The US Embargo: Cuba’s Ally or Enemy?

Vicente Morin Aguado

HAVANA TIMES — Friends of the United States, political leaders who are not revolutionary in the least and many people who stand at a considerable distance from communism stand out among the vast majority of individuals, presidents and governments that oppose Washington’s obstinate policy towards Cuba. Many are of the conviction that, to date, the blockade/embargo has actually been an ally of Fidel Castro.

Such a conception of an “alliance” maintains that the socialist economic model established in Cuba relies on the US blockade, as an excuse it can invoke in order to justify its failure. It would indeed be hard to renounce such an “excuse”, particularly when we recall how unmatched the adversaries are and the evident damage that US aggression has caused in my country.

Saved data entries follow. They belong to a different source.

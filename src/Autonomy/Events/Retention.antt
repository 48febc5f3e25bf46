-- ===== src/Autonomy/Events/Retention.antt =====
-- The history is a window on the sequence of all events.
use brainless_agent.Common.{
  ℕ, zero, suc, ◌+◌, ◌-◌, ◌≤◌, ◌<◌, true, false, Option, ◌≡◌, refl, sym, ◌∙◌, ap, List, [], ◌∷◌,
  ◌++◌, arith, length, leb, length-append, Bool-cases, inl, inr, append_assoc, append-nil, leb→le,
  leb_false→lt,
}
use brainless_agent.Common.Dict.{Dict}
use brainless_agent.Autonomy.Events.{
  AutonomousEvent, AutonomousEventBus, append_bounded, drop_first, new_bus, numbered, publish,
}

-- The list without its first `n` items, and its last `n` items.
unfoldable pub drop : {A : Type 0} → ℕ → List A → List A
drop zero xs = xs
drop (suc n) [] = []
drop (suc n) (x ∷ xs) = drop n xs

unfoldable pub latest : {A : Type 0} → ℕ → List A → List A
unfolding drop
latest n xs = drop (length xs - n) xs

-- The specification: every event that is published, with its number, and none is forgotten.
unfoldable pub log_from :
    {V : Type 0} → (Dict V → Dict V) → ℕ → List (AutonomousEvent V) → List (AutonomousEvent V)
log_from redact n [] = []
log_from redact n (event ∷ events) = numbered redact (n + 1) event ∷ log_from redact (n + 1) events

unfoldable pub publish_all :
    {V : Type 0}
    → (Dict V → Dict V)
    → List (AutonomousEvent V)
    → AutonomousEventBus V
    → AutonomousEventBus V
unfolding publish
publish_all redact [] bus = bus
publish_all redact (event ∷ events) bus = publish_all redact events (publish redact event bus)

module _ {A : Type 0} where
  length-drop : (n : ℕ) (xs : List A) → length (drop n xs) ≡ length xs - n
  unfolding drop
  length-drop zero xs = omega arith
  length-drop (suc n) [] = omega arith
  length-drop (suc n) (x ∷ xs) = omega (arith, length-drop n xs)

  drop_first-drop :
      (n : ℕ) (xs : List A) (x : A)
      → n ≤ length xs
      → drop_first (drop n xs ++ x ∷ []) ≡ drop (suc n) (xs ++ x ∷ [])
  unfolding drop
  drop_first-drop zero [] x le = refl
  drop_first-drop zero (y ∷ xs) x le = refl
  drop_first-drop (suc n) [] x le = absurd (omega (arith, le))
  drop_first-drop (suc n) (y ∷ xs) x le = drop_first-drop n xs x (omega (arith, le))

  latest-short : (n : ℕ) (xs : List A) → length xs ≤ n → latest n xs ≡ xs
  unfolding latest drop
  latest-short n xs le =
      let none_left : length xs - n ≡ 0 = omega (arith, le) in ap (λ k. drop k xs) none_left

  append_bounded-full :
      (n : ℕ) (xs : List A) (x : A)
      → leb n (length xs) ≡ true
      → append_bounded n xs x ≡ drop_first (xs ++ x ∷ [])
  unfolding append_bounded
  append_bounded-full n xs x e = rw e refl

  append_bounded-room :
      (n : ℕ) (xs : List A) (x : A)
      → leb n (length xs) ≡ false
      → append_bounded n xs x ≡ xs ++ x ∷ []
  unfolding append_bounded
  append_bounded-room n xs x e = rw e refl

  -- One more item in the window.
  append_bounded-latest :
      (n : ℕ) (xs : List A) (x : A) → append_bounded n (latest n xs) x ≡ latest n (xs ++ x ∷ [])
  unfolding latest
  append_bounded-latest n xs x = elim (Bool-cases (leb n (length xs))) [
    | inl full ↦
        let le : n ≤ length xs = leb→le n (length xs) full in
        let one_more : suc (length xs - n) ≡ length (xs ++ x ∷ []) - n =
          omega (arith, le, length-append xs (x ∷ [])) in
        append_bounded-full n (latest n xs) x (ground (arith, length-drop (length xs - n) xs, le))
        ∙ drop_first-drop (length xs - n) xs x (omega arith)
        ∙ ap (λ k. drop k (xs ++ x ∷ [])) one_more
    | inr room ↦
        let lt : length xs < n = leb_false→lt n (length xs) room in
        ap (λ ys. append_bounded n ys x) (latest-short n xs (omega (arith, lt)))
        ∙ append_bounded-room n xs x room
        ∙ sym (latest-short n (xs ++ x ∷ []) (omega (arith, lt, length-append xs (x ∷ []))))
  ]

-- Events published on a bus whose history is the window on a log.
publish_all-latest :
    {V : Type 0} (redact : Dict V → Dict V) (events log : List (AutonomousEvent V))
    (bus : AutonomousEventBus V)
    → bus.history ≡ latest bus.retention log
    → (publish_all redact events bus).history
      ≡ latest bus.retention (log ++ log_from redact bus.sequence events)
unfolding publish_all publish log_from
publish_all-latest redact [] log bus h = h ∙ ap (latest bus.retention) (sym (append-nil log))
publish_all-latest redact (event ∷ events) log bus h =
    let recorded = numbered redact (bus.sequence + 1) event in
    publish_all-latest redact events (log ++ recorded ∷ []) (publish redact event bus) (
      ap (λ xs. append_bounded bus.retention xs recorded) h
      ∙ append_bounded-latest bus.retention log recorded)
    ∙ ap (latest bus.retention)
        (append_assoc log (recorded ∷ []) (log_from redact (bus.sequence + 1) events))

-- The bus refines a log that forgets nothing: after any events on a new bus, its history is the
-- last `retention` entries of the log of them all, numbered from one.
pub history-refines :
    {V : Type 0} (redact : Dict V → Dict V) (retention : ℕ)
    (persistence : Option (List (AutonomousEvent V))) (events : List (AutonomousEvent V))
    → (publish_all redact events (new_bus retention persistence [])).history
      ≡ latest retention (log_from redact 0 events)
unfolding new_bus latest
history-refines redact retention persistence events =
    publish_all-latest redact events [] (new_bus retention persistence [])
      (sym (latest-short retention [] (omega arith)))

If we’re to talk of the blockade as an “ally”, we should, however, bear in mind another way of understanding this, namely, that of discerning that the establishment of capitalism in Cuba has been set in motion, slowly but irreversibly, and that the policy of isolation is best replaced with one of collaboration which can help hasten such changes as are considered inevitable.

In this light, Havana’s authoritarian government needs the continuing blockade, on the one hand, to justify its constant economic failures and, on the other, prevent radical changes within the country. I am also referring to political changes – the United States’ aggressiveness as a superpower strengthens the strong all-powerful leader system which still prevails in Cuba’s political practices.

At any rate, it is at most a circumstantial alliance, because Cuba’s revolutionary leadership has invariably condemned Washington’s posture, despite the unpredictable twists and turns of history over the past fifty years.

The logic behind this could well be: “you imposed the blockade on us; you have to take it away. Whether you do this or not, your actions will benefit me anyways.”

Lifting the blockade would, first of all, entail an avalanche of tourism to Cuba, multiplying the States’ incomes with a direct inflow of dollars – of cash – and giving the country’s battered economy (in much need of hard currency) considerable impetus.

Such a step would necessarily entail others, such as ending the persecution of Cuban commercial activities abroad, affording the country every facility to trade in US dollars and access to credit (hitherto denied the island).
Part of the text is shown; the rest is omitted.